▶ _TASK INSTRUCTIONS_:
What you return must match the records character for character.

▶ _DATASET CONTENT_:
-- ===== src/Relay/Totp.antt =====
-- totp_cache.go. `at` is the reading of the clock by the cleanup, after that of the mark.
use veyport.Base.{
  ◌*◌, ◌≡◌, ◌≢◌, refl, Bool, true, false, ◌&&◌, not, List, [], ◌∷◌, arith, if◌then◌else◌, any,
  select, Bool-cases, inl, inr,
}
use veyport.Base.Int.{pos, ltb_ℤ, leb_ℤ, ◌≤ℤ◌, ◌+ℤ◌}
use veyport.Base.Text.{Text}
use veyport.Base.Time.{Instant, second, sub, sub_gt}
use veyport.Relay.Keys.{eq_text, eq_text_iff, make_key}

-- The map `codes`: key "userID:code" to the instant of the mark.
abbrev pub Codes : Type 0
Codes = List (Text × Instant)

abbrev pub for_key : Text → Text × Instant → Bool
for_key k (j, t) = eq_text j k

abbrev pub is_stale : Instant → Text × Instant → Bool
is_stale at (j, t) = ltb_ℤ (pos (90 * second)) (sub at t)

unfoldable pub mark : Text → Instant → Instant → Codes → Codes
mark k now at codes =
    select (λ e. not (is_stale at e)) ((k, now) ∷ select (λ e. not (for_key k e)) codes)

unfoldable pub mark_used : Text → Text → Instant → Instant → Codes → Codes
mark_used user_id code now at codes = mark (make_key user_id code) now at codes

unfoldable pub was_used : Text → Text → Codes → Bool
was_used user_id code codes = any (for_key (make_key user_id code)) codes

unfoldable pub check_and_mark : Text → Text → Instant → Instant → Codes → Bool × Codes
check_and_mark user_id code now at codes =
    let key = make_key user_id code in
    if any (for_key key) codes then (false, codes) else (true, mark key now at codes)

pub data Op : Type 0 where
  use_code check : Text → Text → Instant → Instant → Op

unfoldable pub apply : Op → Codes → Codes
apply (use_code u c now at) codes = mark_used u c now at codes
apply (check u c now at) codes = (check_and_mark u c now at codes).1

unfoldable pub run : List Op → Codes → Codes
run [] codes = codes
run (op ∷ ops) codes = run ops (apply op codes)

-- The operation reads the clock no earlier than `start`, and no more than 90 seconds after it.
unfoldable pub is_during : Instant → Op → Bool
is_during start (use_code u c now at) = leb_ℤ start now && leb_ℤ at (start +ℤ pos (90 * second))
is_during start (check u c now at) = leb_ℤ start now && leb_ℤ at (start +ℤ pos (90 * second))

unfoldable pub all_during : Instant → List Op → Bool
all_during start [] = true
all_during start (op ∷ ops) = is_during start op && all_during start ops

-- The key is marked at some instant from `start` on.
held : Text → Instant → Codes → Bool
held k start codes = any (λ e. for_key k e && leb_ℤ start e.1) codes

held-fresh :
    (k : Text) (start at : Instant) (codes : Codes)
    → at ≤ℤ start +ℤ pos (90 * second)
    → held k start codes ≡ true
    → held k start (select (λ e. not (is_stale at e)) codes) ≡ true
unfolding held any select ◌+ℤ◌
held-fresh k start at [] b h = h
held-fresh k start at ((j, t) ∷ codes) b h =
    ground (arith, held-fresh k start at codes b, sub_gt at t (pos (90 * second)))

held-others :
    (k j : Text) (start : Instant) (codes : Codes)
    → j ≢ k
    → held k start codes ≡ true
    → held k start (select (λ e. not (for_key j e)) codes) ≡ true
unfolding held any select
held-others k j start [] d h = h
held-others k j start ((i, t) ∷ codes) d h =
    ground (arith, held-others k j start codes d, eq_text_iff i k, eq_text_iff i j)

remarked :
    (k j : Text) (start now : Instant) (codes : Codes)
    → start ≤ℤ now
    → held k start codes ≡ true
    → held k start ((j, now) ∷ select (λ e. not (for_key j e)) codes) ≡ true
unfolding held any
remarked k j start now codes n h = elim (Bool-cases (eq_text j k)) [
  | inl same ↦ ground arith
  | inr other ↦ ground (arith, held-others k j start codes (λ e. ground (arith, eq_text_iff j k)) h)
]

first-held :
    (k : Text) (now : Instant) (codes : Codes)
    → held k now ((k, now) ∷ select (λ e. not (for_key k e)) codes) ≡ true
unfolding held any
first-held k now codes = ground (arith, eq_text_iff k k)

mark-held :
    (k j : Text) (start now at : Instant) (codes : Codes)
    → start ≤ℤ now
    → at ≤ℤ start +ℤ pos (90 * second)
    → held k start codes ≡ true
    → held k start (mark j now at codes) ≡ true
unfolding mark
mark-held k j start now at codes n b h =
    held-fresh k start at _ b (remarked k j start now codes n h)

apply-held :
    (k : Text) (start : Instant) (op : Op) (codes : Codes)
    → is_during start op ≡ true
    → held k start codes ≡ true
    → held k start (apply op codes) ≡ true
unfolding apply is_during mark_used check_and_mark
apply-held k start (use_code u c now at) codes d h =
    mark-held k (make_key u c) start now at codes (ground arith) (ground arith) h
apply-held k start (check u c now at) codes d h =
    elim (Bool-cases (any (for_key (make_key u c)) codes)) [
      | inl seen ↦ rw (apply, check_and_mark, seen) h
      | inr new ↦
          rw (apply, check_and_mark, new)
            (mark-held k (make_key u c) start now at codes (ground arith) (ground arith) h)
    ]

run-held :
    (k : Text) (start : Instant) (ops : List Op) (codes : Codes)
    → all_during start ops ≡ true
    → held k start codes ≡ true
    → held k start (run ops codes) ≡ true
unfolding run all_during
run-held k start [] codes d h = h
run-held k start (op ∷ ops) codes d h =
    run-held k start ops (apply op codes) (ground arith)
      (apply-held k start op codes (ground arith) h)

held-seen :
    (k : Text) (start : Instant) (codes : Codes)
    → held k start codes ≡ true
    → any (for_key k) codes ≡ true
unfolding held any
held-seen k start [] h = h
held-seen k start (e ∷ codes) h = ground (arith, held-seen k start codes)

mark-own :
    (k : Text) (now at : Instant) (codes : Codes)
    → at ≤ℤ now +ℤ pos (90 * second)
    → held k now (mark k now at codes) ≡ true
unfolding mark
mark-own k now at codes b = held-fresh k now at _ b (first-held k now codes)

-- Replay protection: once a one-time code of a user was accepted, the same code of that user is
-- rejected, and the record of it unchanged, after any sequence of marks and checks of any users and
-- codes, as long as the clock has not gone back and the cleanups come at most 90 seconds after the
-- acceptance.
pub check_and_mark-run :
    (user_id code : Text) (now at now' at' : Instant) (ops : List Op) (codes : Codes)
    → (check_and_mark user_id code now at codes).0 ≡ true
    → at ≤ℤ now +ℤ pos (90 * second)
    → all_during now ops ≡ true
    → let codes' = run ops (check_and_mark user_id code now at codes).1 in
      check_and_mark user_id code now' at' codes' ≡ (false, codes')
unfolding check_and_mark
check_and_mark-run user_id code now at now' at' ops codes accepted b d =
    let k = make_key user_id code in
    elim (Bool-cases (any (for_key k) codes)) [
      | inl seen ↦ ground arith
      | inr new ↦
          let seen =
            held-seen k now (run ops (mark k now at codes))
              (run-held k now ops (mark k now at codes) d (mark-own k now at codes b)) in
          rw (new, seen) refl
    ]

▶ _RESULT OF THIS EXERCISE_:
-- ===== src/Relay/Totp.antt =====
-- totp_cache.go. `at` is the reading of the clock by the cleanup, after that of the mark.
use veyport.Base.{
  ◌*◌, ◌≡◌, ◌≢◌, refl, Bool, true, false, ◌&&◌, not, List, [], ◌∷◌, arith, if◌then◌else◌, any,
  select, Bool-cases, inl, inr,
}
use veyport.Base.Int.{pos, ltb_ℤ, leb_ℤ, ◌≤ℤ◌, ◌+ℤ◌}
use veyport.Base.Text.{Text}
use veyport.Base.Time.{Instant, second, sub, sub_gt}
use veyport.Relay.Keys.{eq_text, eq_text_iff, make_key}

-- The map `codes`: key "userID:code" to the instant of the mark.
abbrev pub Codes : Type 0
Codes = List (Text × Instant)

abbrev pub for_key : Text → Text × Instant → Bool
for_key k (j, t) = eq_text j k

abbrev pub is_stale : Instant → Text × Instant → Bool
is_stale at (j, t) = ltb_ℤ (pos (90 * second)) (sub at t)

unfoldable pub mark : Text → Instant → Instant → Codes → Codes
mark k now at codes =
    select (λ e. not (is_stale at e)) ((k, now) ∷ select (λ e. not (for_key k e)) codes)

unfoldable pub mark_used : Text → Text → Instant → Instant → Codes → Codes
mark_used user_id code now at codes = mark (make_key user_id code) now at codes

unfoldable pub was_used : Text → Text → Codes → Bool
was_used user_id code codes = any (for_key (make_key user_id code)) codes

unfoldable pub check_and_mark : Text → Text → Instant → Instant → Codes → Bool × Codes
check_and_mark user_id code now at codes =
    let key = make_key user_id code in
    if any (for_key key) codes then (false, codes) else (true, mark key now at codes)

pub data Op : Type 0 where
  use_code check : Text → Text → Instant → Instant → Op

unfoldable pub apply : Op → Codes → Codes
apply (use_code u c now at) codes = mark_used u c now at codes
apply (check u c now at) codes = (check_and_mark u c now at codes).1

unfoldable pub run : List Op → Codes → Codes
run [] codes = codes
run (op ∷ ops) codes = run ops (apply op codes)

-- The operation reads the clock no earlier than `start`, and no more than 90 seconds after it.
unfoldable pub is_during : Instant → Op → Bool
is_during start (use_code u c now at) = leb_ℤ start now && leb_ℤ at (start +ℤ pos (90 * second))
is_during start (check u c now at) = leb_ℤ start now && leb_ℤ at (start +ℤ pos (90 * second))

unfoldable pub all_during : Instant → List Op → Bool
all_during start [] = true
all_during start (op ∷ ops) = is_during start op && all_during start ops

-- The key is marked at some instant from `start` on.
held : Text → Instant → Codes → Bool
held k start codes = any (λ e. for_key k e && leb_ℤ start e.1) codes

held-fresh :
    (k : Text) (start at : Instant) (codes : Codes)
    → at ≤ℤ start +ℤ pos (90 * second)
    → held k start codes ≡ true
    → held k start (select (λ e. not (is_stale at e)) codes) ≡ true
unfolding held any select ◌+ℤ◌
held-fresh k start at [] b h = h
held-fresh k start at ((j, t) ∷ codes) b h =
    ground (arith, held-fresh k start at codes b, sub_gt at t (pos (90 * second)))

held-others :
    (k j : Text) (start : Instant) (codes : Codes)
    → j ≢ k
    → held k start codes ≡ true
    → held k start (select (λ e. not (for_key j e)) codes) ≡ true
unfolding held any select
held-others k j start [] d h = h
held-others k j start ((i, t) ∷ codes) d h =
    ground (arith, held-others k j start codes d, eq_text_iff i k, eq_text_iff i j)

remarked :
    (k j : Text) (start now : Instant) (codes : Codes)
    → start ≤ℤ now
    → held k start codes ≡ true
    → held k start ((j, now) ∷ select (λ e. not (for_key j e)) codes) ≡ true
unfolding held any
remarked k j start now codes n h = elim (Bool-cases (eq_text j k)) [
  | inl same ↦ ground arith
  | inr other ↦ ground (arith, held-others k j start codes (λ e. ground (arith, eq_text_iff j k)) h)
]

first-held :
    (k : Text) (now : Instant) (codes : Codes)
    → held k now ((k, now) ∷ select (λ e. not (for_key k e)) codes) ≡ true
unfolding held any
first-held k now codes = ground (arith, eq_text_iff k k)

mark-held :
    (k j : Text) (start now at : Instant) (codes : Codes)
    → start ≤ℤ now
    → at ≤ℤ start +ℤ pos (90 * second)
    → held k start codes ≡ true
    → held k start (mark j now at codes) ≡ true
unfolding mark
mark-held k j start now at codes n b h =
    held-fresh k start at _ b (remarked k j start now codes n h)

apply-held :
    (k : Text) (start : Instant) (op : Op) (codes : Codes)
    → is_during start op ≡ true
    → held k start codes ≡ true
    → held k start (apply op codes) ≡ true
unfolding apply is_during mark_used check_and_mark
apply-held k start (use_code u c now at) codes d h =
    mark-held k (make_key u c) start now at codes (ground arith) (ground arith) h
apply-held k start (check u c now at) codes d h =
    elim (Bool-cases (any (for_key (make_key u c)) codes)) [
      | inl seen ↦ rw (apply, check_and_mark, seen) h
      | inr new ↦
          rw (apply, check_and_mark, new)
            (mark-held k (make_key u c) start now at codes (ground arith) (ground arith) h)
    ]

run-held :
    (k : Text) (start : Instant) (ops : List Op) (codes : Codes)
    → all_during start ops ≡ true
    → held k start codes ≡ true
    → held k start (run ops codes) ≡ true
unfolding run all_during
run-held k start [] codes d h = h
run-held k start (op ∷ ops) codes d h =
    run-held k start ops (apply op codes) (ground arith)
      (apply-held k start op codes (ground arith) h)

held-seen :
    (k : Text) (start : Instant) (codes : Codes)
    → held k start codes ≡ true
    → any (for_key k) codes ≡ true
unfolding held any
held-seen k start [] h = h
held-seen k start (e ∷ codes) h = ground (arith, held-seen k start codes)

mark-own :
    (k : Text) (now at : Instant) (codes : Codes)
    → at ≤ℤ now +ℤ pos (90 * second)
    → held k now (mark k now at codes) ≡ true
unfolding mark
mark-own k now at codes b = held-fresh k now at _ b (first-held k now codes)

-- Replay protection: once a one-time code of a user was accepted, the same code of that user is
-- rejected, and the record of it unchanged, after any sequence of marks and checks of any users and
-- codes, as long as the clock has not gone back and the cleanups come at most 90 seconds after the
-- acceptance.
pub check_and_mark-run :
    (user_id code : Text) (now at now' at' : Instant) (ops : List Op) (codes : Codes)
    → (check_and_mark user_id code now at codes).0 ≡ true
    → at ≤ℤ now +ℤ pos (90 * second)
    → all_during now ops ≡ true
    → let codes' = run ops (check_and_mark user_id code now at codes).1 in
      check_and_mark user_id code now' at' codes' ≡ (false, codes')
unfolding check_and_mark
check_and_mark-run user_id code now at now' at' ops codes accepted b d =
    let k = make_key user_id code in
    elim (Bool-cases (any (for_key k) codes)) [
      | inl seen ↦ ground arith
      | inr new ↦
          let seen =
            held-seen k now (run ops (mark k now at codes))
              (run-held k now ops (mark k now at codes) d (mark-own k now at codes b)) in
          rw (new, seen) refl
    ]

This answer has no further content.